• [Extracted records]
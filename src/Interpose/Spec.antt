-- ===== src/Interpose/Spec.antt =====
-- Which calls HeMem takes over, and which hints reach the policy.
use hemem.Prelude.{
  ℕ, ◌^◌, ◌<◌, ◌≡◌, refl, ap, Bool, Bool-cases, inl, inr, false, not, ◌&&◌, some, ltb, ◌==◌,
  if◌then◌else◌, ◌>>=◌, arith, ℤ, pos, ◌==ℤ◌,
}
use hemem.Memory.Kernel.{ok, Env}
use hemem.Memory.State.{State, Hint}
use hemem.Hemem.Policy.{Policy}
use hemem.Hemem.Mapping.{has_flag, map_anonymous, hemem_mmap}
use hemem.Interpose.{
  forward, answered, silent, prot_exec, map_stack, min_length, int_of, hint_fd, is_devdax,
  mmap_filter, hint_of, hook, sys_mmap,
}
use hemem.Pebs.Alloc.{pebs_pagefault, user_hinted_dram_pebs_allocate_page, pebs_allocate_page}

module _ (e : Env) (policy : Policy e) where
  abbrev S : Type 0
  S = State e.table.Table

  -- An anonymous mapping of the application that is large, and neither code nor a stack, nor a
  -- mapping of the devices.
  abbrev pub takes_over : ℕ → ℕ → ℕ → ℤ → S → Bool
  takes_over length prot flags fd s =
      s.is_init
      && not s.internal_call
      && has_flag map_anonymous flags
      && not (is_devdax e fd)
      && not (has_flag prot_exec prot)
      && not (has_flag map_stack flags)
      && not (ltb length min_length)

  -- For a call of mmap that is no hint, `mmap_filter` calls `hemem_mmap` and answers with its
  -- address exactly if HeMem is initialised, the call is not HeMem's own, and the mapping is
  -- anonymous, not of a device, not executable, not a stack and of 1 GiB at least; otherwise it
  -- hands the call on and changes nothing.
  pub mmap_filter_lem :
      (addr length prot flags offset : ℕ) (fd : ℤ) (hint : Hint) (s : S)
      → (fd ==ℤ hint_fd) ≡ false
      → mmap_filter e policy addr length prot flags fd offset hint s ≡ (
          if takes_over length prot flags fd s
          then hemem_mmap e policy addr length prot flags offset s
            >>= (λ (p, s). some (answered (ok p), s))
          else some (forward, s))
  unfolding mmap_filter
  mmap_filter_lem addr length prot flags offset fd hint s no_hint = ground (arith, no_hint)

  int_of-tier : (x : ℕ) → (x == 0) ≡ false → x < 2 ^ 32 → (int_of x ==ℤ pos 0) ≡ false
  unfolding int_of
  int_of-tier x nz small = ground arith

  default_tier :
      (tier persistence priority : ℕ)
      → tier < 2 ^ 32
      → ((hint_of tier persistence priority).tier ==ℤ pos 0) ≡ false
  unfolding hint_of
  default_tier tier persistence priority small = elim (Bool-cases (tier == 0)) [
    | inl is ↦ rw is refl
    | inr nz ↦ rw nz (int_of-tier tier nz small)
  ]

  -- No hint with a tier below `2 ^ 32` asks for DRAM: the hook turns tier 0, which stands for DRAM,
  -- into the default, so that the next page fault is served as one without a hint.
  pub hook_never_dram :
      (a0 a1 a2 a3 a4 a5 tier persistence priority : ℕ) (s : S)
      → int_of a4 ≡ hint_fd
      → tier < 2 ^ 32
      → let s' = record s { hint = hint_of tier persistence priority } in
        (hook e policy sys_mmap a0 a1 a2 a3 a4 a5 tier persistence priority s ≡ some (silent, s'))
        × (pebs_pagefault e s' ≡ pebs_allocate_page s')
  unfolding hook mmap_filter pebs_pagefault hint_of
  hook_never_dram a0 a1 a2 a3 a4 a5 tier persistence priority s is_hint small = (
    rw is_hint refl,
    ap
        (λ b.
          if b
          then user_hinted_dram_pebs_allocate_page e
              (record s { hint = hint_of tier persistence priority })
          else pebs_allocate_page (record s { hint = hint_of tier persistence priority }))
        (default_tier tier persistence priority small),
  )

• [Exercise details] Nothing but the lines above from the one containing "-- ===== src/Interpose/Spec.antt" through the one containing "mmap_filter e policy" should appear in the answer, each repeated exactly.

• [Task response]
-- ===== src/Interpose/Spec.antt =====
-- Which calls HeMem takes over, and which hints reach the policy.
use hemem.Prelude.{
  ℕ, ◌^◌, ◌<◌, ◌≡◌, refl, ap, Bool, Bool-cases, inl, inr, false, not, ◌&&◌, some, ltb, ◌==◌,
  if◌then◌else◌, ◌>>=◌, arith, ℤ, pos, ◌==ℤ◌,
}
use hemem.Memory.Kernel.{ok, Env}
use hemem.Memory.State.{State, Hint}
use hemem.Hemem.Policy.{Policy}
use hemem.Hemem.Mapping.{has_flag, map_anonymous, hemem_mmap}
use hemem.Interpose.{
  forward, answered, silent, prot_exec, map_stack, min_length, int_of, hint_fd, is_devdax,
  mmap_filter, hint_of, hook, sys_mmap,
}
use hemem.Pebs.Alloc.{pebs_pagefault, user_hinted_dram_pebs_allocate_page, pebs_allocate_page}

module _ (e : Env) (policy : Policy e) where
  abbrev S : Type 0
  S = State e.table.Table

  -- An anonymous mapping of the application that is large, and neither code nor a stack, nor a
  -- mapping of the devices.
  abbrev pub takes_over : ℕ → ℕ → ℕ → ℤ → S → Bool
  takes_over length prot flags fd s =
      s.is_init
      && not s.internal_call
      && has_flag map_anonymous flags
      && not (is_devdax e fd)
      && not (has_flag prot_exec prot)
      && not (has_flag map_stack flags)
      && not (ltb length min_length)

  -- For a call of mmap that is no hint, `mmap_filter` calls `hemem_mmap` and answers with its
  -- address exactly if HeMem is initialised, the call is not HeMem's own, and the mapping is
  -- anonymous, not of a device, not executable, not a stack and of 1 GiB at least; otherwise it
  -- hands the call on and changes nothing.
  pub mmap_filter_lem :
      (addr length prot flags offset : ℕ) (fd : ℤ) (hint : Hint) (s : S)
      → (fd ==ℤ hint_fd) ≡ false
      → mmap_filter e policy addr length prot flags fd offset hint s ≡ (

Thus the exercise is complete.